The test runs two jobs, the first one of which manages a scheduling rule, calling getJobManager().beginRule() and getJobManager().endRule(). This first job will also call Job.yieldRule() in same manner as ModelManagerImpl, to simulate the scenario we see this issue occur. It will yield and the second job will run.

To reproduce the issue, run the test and put breakpoints in the DeadlockDetector at
- lockAcquired()
- lockReleased()
- lockReleasedCompletely()

Note that with the job that manages the scheduling rule, in the call to beginRule() there is a call to DeadlockDetector.lockAcquired(). Then in the call to yieldRule(), line 1343, the job.getRule() call is null so there's no call to getLockManager().removeLockThread() and in turn, DeadlockDetector.lockReleased(). This is the bug. The lock graph is now incorrect!

Then the second job runs (the one with the 'root' rule) with usual calls to DeadlockDetector.lockAcquired() and
DeadlockDetector.lockReleasedCompletely().lockAcquired().

Finally, after the second job completes, the first job continues and calls ThreadJob.joinRun() which will update the lock graph with a call to DeadlockDetector. This is now the second call to lockAcquired() without having called lockReleased() at all for this job. At the end, this job  manages the call to endRule() which updates the lock graph with a call to DeadlockDetector.lockReleased() but this is the only call for this job.
Comment 8 Min Idzelis CLA 2010-08-16 16:42:17 EDT
The patch looks good to me.
Comment 9 Min Idzelis CLA 2010-08-16 16:44:42 EDT
(In reply to comment #8)
> The patch looks good to me.

Clarifying: I was referring the code patch. The JUnit test is more like an example than a test. Doesn't do any verification. 

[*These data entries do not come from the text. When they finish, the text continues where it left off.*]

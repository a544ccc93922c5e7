-- ===== src/Tracker.antt =====
-- tracker/enqueue.go and tracker/interface.go: who watches which objects, by leases that run out.
-- The two maps of `impl` are its state; the lock makes each method one step. `time.Now()` is an
-- argument. The scheme, the validation of names and label selectors are a parameter, `External`.
pub mod Methods
pub mod Invariant
pub mod Leases
pub mod Contract
pub mod Delivery
pub mod Reached
mod Tests
use reconciler_runtime.Base.{
  ℕ, ◌≡◌, refl, ap, ◌↔◌, ◌⊎◌, inl, inr, ◌∙◌, sym, Bool, true, false, ◌&&◌, Option, none, some, List,
  [], ◌∷◌, String, ◌==◌, arith, eq_iff, if◌then◌else◌,
}
use reconciler_runtime.Base.Map.{Key, Map}
use reconciler_runtime.Errors.{Error}

abbrev pub Time : Type 0
Time = ℕ

-- `types.NamespacedName`
pub record NamespacedName : Type 0 where
  pub namespace : String
  pub name : String

-- `corev1.ObjectReference`, as far as the tracker reads it
pub record ObjectReference : Type 0 where
  pub api_version : String
  pub kind : String
  pub namespace : String
  pub name : String

-- A call that returns a value or an error.
pub data Returned (A : Type 0) : Type 0 where
  ok : A → Returned A
  err : Error → Returned A

pub Returned-cases :
    {A : Type 0} (r : Returned A) → ((e : Error) × (r ≡ err e)) ⊎ ((a : A) × (r ≡ ok a))
Returned-cases (ok a) = inr (a, refl)
Returned-cases (err e) = inl (e, refl)

-- What the tracker calls and does not implement: client objects, `reference.GetReference` with the
-- scheme, group versions, the name checks of the validation package (each returns its messages),
-- and label selectors.
pub record External : Type 1 where
  pub Object : Type 0
  pub Labels : Type 0
  pub Selector : Type 0
  pub get_namespace : Object → String
  pub get_name : Object → String
  pub get_labels : Object → Labels
  pub get_reference : Object → Returned ObjectReference
  pub group_of : String → String
  pub parse_group_version : String → Returned String
  pub is_c_identifier : String → List String
  pub is_dns1123_subdomain : String → List String
  pub is_dns1123_label : String → List String
  pub selector_text : Selector → String
  pub selector_matches : Selector → Labels → Bool

-- `Reference` as a key of the two maps: its `Selector` is nil there.
pub record ReferenceKey : Type 0 where
  pub api_group : String
  pub kind : String
  pub namespace : String
  pub name : String

pub record MatcherKey : Type 0 where
  pub selector : String
  pub namespace : String

abbrev pub same_name : NamespacedName → NamespacedName → Bool
same_name a b = a.namespace == b.namespace && a.name == b.name

pub same_name_iff : (a b : NamespacedName) → (same_name a b ≡ true) ↔ (a ≡ b)
same_name_iff a b = ground (arith, eq_iff a.namespace b.namespace, eq_iff a.name b.name)

abbrev pub same_matcher_key : MatcherKey → MatcherKey → Bool
same_matcher_key a b = a.selector == b.selector && a.namespace == b.namespace

pub same_matcher_key_iff : (a b : MatcherKey) → (same_matcher_key a b ≡ true) ↔ (a ≡ b)
same_matcher_key_iff a b =
    ground (arith, eq_iff a.namespace b.namespace, eq_iff a.selector b.selector)

abbrev pub same_reference : ReferenceKey → ReferenceKey → Bool
same_reference a b =
    a.api_group == b.api_group && a.kind == b.kind && a.namespace == b.namespace && a.name == b.name

pub same_reference_iff : (a b : ReferenceKey) → (same_reference a b ≡ true) ↔ (a ≡ b)
same_reference_iff a b = ground (
  arith,
  eq_iff a.api_group b.api_group,
  eq_iff a.kind b.kind,
  eq_iff a.namespace b.namespace,
  eq_iff a.name b.name,
)

instance abbrev pub name_key : Key NamespacedName
name_key = record { same = same_name; same_iff = same_name_iff }

instance abbrev pub matcher_key : Key MatcherKey
matcher_key = record { same = same_matcher_key; same_iff = same_matcher_key_iff }

instance abbrev pub reference_key : Key ReferenceKey
reference_key = record { same = same_reference; same_iff = same_reference_iff }

-- `exactSet`
abbrev pub ExactSet : Type 0
ExactSet = Map NamespacedName Time

-- `matcher`, `matchers`, `inexactSet`
pub record Matcher (Selector : Type 0) : Type 0 where
  pub selector : Selector
  pub expiry : Time

abbrev pub Matchers : Type 0 → Type 0
Matchers Selector = Map MatcherKey (Matcher Selector)

abbrev pub InexactSet : Type 0 → Type 0
InexactSet Selector = Map NamespacedName (Matchers Selector)

-- `Reference`
pub record Reference (Selector : Type 0) : Type 0 where
  pub api_group : String
  pub kind : String
  pub namespace : String
  pub name : String
  pub selector : Option Selector

-- `impl`; a nil map and an empty one are alike.
pub record Impl (Selector : Type 0) : Type 0 where
  pub exact : Map ReferenceKey ExactSet
  pub inexact : Map ReferenceKey (InexactSet Selector)
  pub lease_duration : Time

-- `New`
abbrev pub new : {Selector : Type 0} → Time → Impl Selector
new lease = record { exact = []; inexact = []; lease_duration = lease }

Still, I'd recommend going for it based on a code review of the actual patch.
Comment 10 John Arthorne CLA 2010-08-18 16:14:49 EDT
Created attachment 176938 [details]
Test case

It took awhile to isolate a test case with appropriate assertions. This test fails without the fix, and passes with the fix.
Comment 11 John Arthorne CLA 2010-08-18 16:16:27 EDT
I have released the fix and test case to HEAD. I will look into backporting to 3.6.1 once we have a successful build with the fix.
Comment 12 John Arthorne CLA 2010-08-20 15:12:30 EDT
It turns out my JUnit wasn't valuable. Another unrelated job could be running during the test suites, which would interfere and cause my assertion to be false. We can't assume the lock graph will be entirely empty here. I have just disabled the assertion in the test, since the test is still useful for demonstrating and manually reproducing it.
Comment 13 John Arthorne CLA 2010-08-24 16:15:08 EDT
I have released this fix to the next 3.6.1 build.